■ **GOAL OF THE EXERCISE**
Every record is to be transcribed exactly as written.

■ **EXERCISE INPUTS**
^^^^^^^^^^^^^^^^
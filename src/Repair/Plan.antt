-- ===== src/Repair/Plan.antt =====
-- The plan of a report, against its findings.
use nautilus_acornfs.Prelude.{
  ◌≡◌, refl, ap, subst, inl, inr, Bool, true, Option, none, some, List, [], ◌∷◌, all, All, map,
  Bool-cases, arith,
}
use mathlib.Core.List.{Memᴰ}
use mathlib.Core.List.Memᴰ
use nautilus_acornfs.Prelude.Text.{Text, text_before}
use nautilus_acornfs.Prelude.Sorting.{Memᴰ-sort}
use nautilus_acornfs.Validation.Findings.{Finding, Report, fatal_findings}
use nautilus_acornfs.Repair.{
  Template, RepairAction, RepairPlan, Group, grouped, action_of, by_action, template_for,
  plan_repairs_from_report, is_none_left, is_supported, is_supported_action, application_supported,
}
use nautilus_acornfs.Repair.Groups.{HasPath, HasPath-imp, grouped-Gathered}

-- An action of a plan that covers a finding.
pub record Covered (action : Text) (f : Finding) (actions : List RepairAction) : Type 0 where
  pub repair : RepairAction
  pub member : Memᴰ repair actions
  pub same : repair.action ≡ action
  pub code : Memᴰ f.code repair.finding_codes
  pub path : HasPath f.path repair.paths

Memᴰ-map :
    (g : Group) (groups : List Group) → Memᴰ g groups → Memᴰ (action_of g) (map action_of groups)
Memᴰ-map g [] m = absurd (Memᴰ.not-nil m)
Memᴰ-map g (h ∷ groups) m = elim (Memᴰ.cases_cons m) [
  | inl e ↦ Memᴰ.head (ap action_of e)
  | inr m' ↦ Memᴰ.tail (Memᴰ-map g groups m')
]

-- Every finding of the report that has a repair is covered by an action of the plan, which names the
-- finding's code, and its path if it has one.
pub plan_repairs_from_report-Covered :
    (report : Report) (f : Finding) (t : Template)
    → Memᴰ f report.findings
    → template_for f.code ≡ some t
    → Covered t.action f (plan_repairs_from_report report).actions
unfolding plan_repairs_from_report
plan_repairs_from_report-Covered report f t m e =
    let h = grouped-Gathered t f report.findings [] m e in
    record {
      repair = action_of h.group;
      member =
          Memᴰ-map h.group _ (Memᴰ-sort by_action h.group (grouped report.findings []) h.member);
      same = h.same;
      code = Memᴰ-sort text_before f.code h.group.codes h.code;
      path = HasPath-imp f.path h.group.paths _ (λ y. Memᴰ-sort text_before y h.group.paths) h.path;
    }

all-Memᴰ :
    {A : Type 0} (p : A → Bool) (x : A) (xs : List A) → all p xs ≡ true → Memᴰ x xs → p x ≡ true
all-Memᴰ p x [] h m = absurd (Memᴰ.not-nil m)
all-Memᴰ p x (y ∷ ys) h m = elim (Memᴰ.cases_cons m) [
  | inl e ↦ rw e (ground (arith, h))
  | inr m' ↦ all-Memᴰ p x ys (ground (arith, h)) m'
]

is_none_left-eq : {A : Type 0} (xs : List A) → is_none_left xs ≡ true → xs ≡ []
is_none_left-eq [] h = refl
is_none_left-eq (x ∷ xs) h = absurd (cc h)

application_supported-eq :
    (plan : RepairPlan)
    → application_supported plan ≡ true
    → (fatal_findings plan.report ≡ []) × (all is_supported plan.actions ≡ true)
unfolding application_supported
application_supported-eq plan h = (is_none_left-eq _ (ground (arith, h)), ground (arith, h))

plan_report : (report : Report) → (plan_repairs_from_report report).report ≡ report
unfolding plan_repairs_from_report
plan_report report = refl

supported_action : (a : RepairAction) → is_supported a ≡ true → is_supported_action a.action ≡ true
supported_action a h = elim (Bool-cases (is_supported_action a.action)) [
  | inl p ↦ p
  | inr p ↦ absurd (cc (rw p at h))
]

-- A finding whose repair, if it has one, is supported.
abbrev pub IsRepairable : Option Template → Type 0
IsRepairable none = Unit
IsRepairable (some t) = is_supported_action t.action ≡ true

IsRepairable-all :
    (findings : List Finding)
    → ((f : Finding) (t : Template)
        → Memᴰ f findings
        → template_for f.code ≡ some t
        → IsRepairable (some t))
    → All (λ (f : Finding). IsRepairable (template_for f.code)) findings
IsRepairable-all [] each = tt
IsRepairable-all (f ∷ findings) each =
    (one (template_for f.code) refl, IsRepairable-all findings (λ g t m. each g t (Memᴰ.tail m)))
  where
    one : (o : Option Template) → template_for f.code ≡ o → IsRepairable o
    one none e = tt
    one (some t) e = each f t (Memᴰ.head refl) e

-- Where a plan may be applied, nothing fatal was found, and the repair of each finding that has one is one of
-- the three that are supported.
pub application_supported-IsSafe :
    (report : Report)
    → application_supported (plan_repairs_from_report report) ≡ true
    → (fatal_findings report ≡ [])
      × All (λ (f : Finding). IsRepairable (template_for f.code)) report.findings
application_supported-IsSafe report h =
    let plan = plan_repairs_from_report report in
    let (quiet, supported) = application_supported-eq plan h in
    (
      subst (λ r. fatal_findings r ≡ []) (plan_report report) quiet,
      IsRepairable-all report.findings (λ f t m e.
          let c = plan_repairs_from_report-Covered report f t m e in
          subst (λ action. is_supported_action action ≡ true) c.same
            (supported_action c.repair
              (all-Memᴰ is_supported c.repair plan.actions supported c.member))),
    )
^^^^^^^^^^^^^^^^
■ **OUTPUT BELOW**
filename src/Repair/Plan.antt
-- ===== src/Repair/Plan.antt =====
-- The plan of a report, against its findings.
use nautilus_acornfs.Prelude.{
  ◌≡◌, refl, ap, subst, inl, inr, Bool, true, Option, none, some, List, [], ◌∷◌, all, All, map,
  Bool-cases, arith,
}
use mathlib.Core.List.{Memᴰ}
use mathlib.Core.List.Memᴰ
use nautilus_acornfs.Prelude.Text.{Text, text_before}
use nautilus_acornfs.Prelude.Sorting.{Memᴰ-sort}
use nautilus_acornfs.Validation.Findings.{Finding, Report, fatal_findings}
use nautilus_acornfs.Repair.{
  Template, RepairAction, RepairPlan, Group, grouped, action_of, by_action, template_for,
  plan_repairs_from_report, is_none_left, is_supported, is_supported_action, application_supported,
}
use nautilus_acornfs.Repair.Groups.{HasPath, HasPath-imp, grouped-Gathered}

-- An action of a plan that covers a finding.
pub record Covered (action : Text) (f : Finding) (actions : List RepairAction) : Type 0 where
  pub repair : RepairAction
  pub member : Memᴰ repair actions
  pub same : repair.action ≡ action
  pub code : Memᴰ f.code repair.finding_codes
  pub path : HasPath f.path repair.paths

Memᴰ-map :
    (g : Group) (groups : List Group) → Memᴰ g groups → Memᴰ (action_of g) (map action_of groups)
Memᴰ-map g [] m = absurd (Memᴰ.not-nil m)
Memᴰ-map g (h ∷ groups) m = elim (Memᴰ.cases_cons m) [
  | inl e ↦ Memᴰ.head (ap action_of e)
  | inr m' ↦ Memᴰ.tail (Memᴰ-map g groups m')
]

-- Every finding of the report that has a repair is covered by an action of the plan, which names the
-- finding's code, and its path if it has one.
pub plan_repairs_from_report-Covered :
    (report : Report) (f : Finding) (t : Template)
    → Memᴰ f report.findings
    → template_for f.code ≡ some t
    → Covered t.action f (plan_repairs_from_report report).actions
unfolding plan_repairs_from_report
plan_repairs_from_report-Covered report f t m e =
    let h = grouped-Gathered t f report.findings [] m e in
    record {
      repair = action_of h.group;
      member =
          Memᴰ-map h.group _ (Memᴰ-sort by_action h.group (grouped report.findings []) h.member);
      same = h.same;
      code = Memᴰ-sort text_before f.code h.group.codes h.code;
      path = HasPath-imp f.path h.group.paths _ (λ y. Memᴰ-sort text_before y h.group.paths) h.path;
    }

all-Memᴰ :
    {A : Type 0} (p : A → Bool) (x : A) (xs : List A) → all p xs ≡ true → Memᴰ x xs → p x ≡ true
all-Memᴰ p x [] h m = absurd (Memᴰ.not-nil m)
all-Memᴰ p x (y ∷ ys) h m = elim (Memᴰ.cases_cons m) [
  | inl e ↦ rw e (ground (arith, h))
  | inr m' ↦ all-Memᴰ p x ys (ground (arith, h)) m'
]

is_none_left-eq : {A : Type 0} (xs : List A) → is_none_left xs ≡ true → xs ≡ []
is_none_left-eq [] h = refl
is_none_left-eq (x ∷ xs) h = absurd (cc h)

application_supported-eq :
    (plan : RepairPlan)
    → application_supported plan ≡ true
    → (fatal_findings plan.report ≡ []) × (all is_supported plan.actions ≡ true)
unfolding application_supported
application_supported-eq plan h = (is_none_left-eq _ (ground (arith, h)), ground (arith, h))

plan_report : (report : Report) → (plan_repairs_from_report report).report ≡ report
unfolding plan_repairs_from_report
plan_report report = refl

supported_action : (a : RepairAction) → is_supported a ≡ true → is_supported_action a.action ≡ true
supported_action a h = elim (Bool-cases (is_supported_action a.action)) [
  | inl p ↦ p
  | inr p ↦ absurd (cc (rw p at h))
]

-- A finding whose repair, if it has one, is supported.
abbrev pub IsRepairable : Option Template → Type 0
IsRepairable none = Unit
IsRepairable (some t) = is_supported_action t.action ≡ true

IsRepairable-all :
    (findings : List Finding)
    → ((f : Finding) (t : Template)
        → Memᴰ f findings
        → template_for f.code ≡ some t
        → IsRepairable (some t))
    → All (λ (f : Finding). IsRepairable (template_for f.code)) findings
IsRepairable-all [] each = tt
IsRepairable-all (f ∷ findings) each =
    (one (template_for f.code) refl, IsRepairable-all findings (λ g t m. each g t (Memᴰ.tail m)))
  where
    one : (o : Option Template) → template_for f.code ≡ o → IsRepairable o
    one none e = tt
    one (some t) e = each f t (Memᴰ.head refl) e

-- Where a plan may be applied, nothing fatal was found, and the repair of each finding that has one is one of
-- the three that are supported.
pub application_supported-IsSafe :
    (report : Report)
    → application_supported (plan_repairs_from_report report) ≡ true
    → (fatal_findings report ≡ [])
      × All (λ (f : Finding). IsRepairable (template_for f.code)) report.findings
application_supported-IsSafe report h =
    let plan = plan_repairs_from_report report in
    let (quiet, supported) = application_supported-eq plan h in
    (
      subst (λ r. fatal_findings r ≡ []) (plan_report report) quiet,
      IsRepairable-all report.findings (λ f t m e.
          let c = plan_repairs_from_report-Covered report f t m e in
          subst (λ action. is_supported_action action ≡ true) c.same
            (supported_action c.repair
              (all-Memᴰ is_supported c.repair plan.actions supported c.member))),
    )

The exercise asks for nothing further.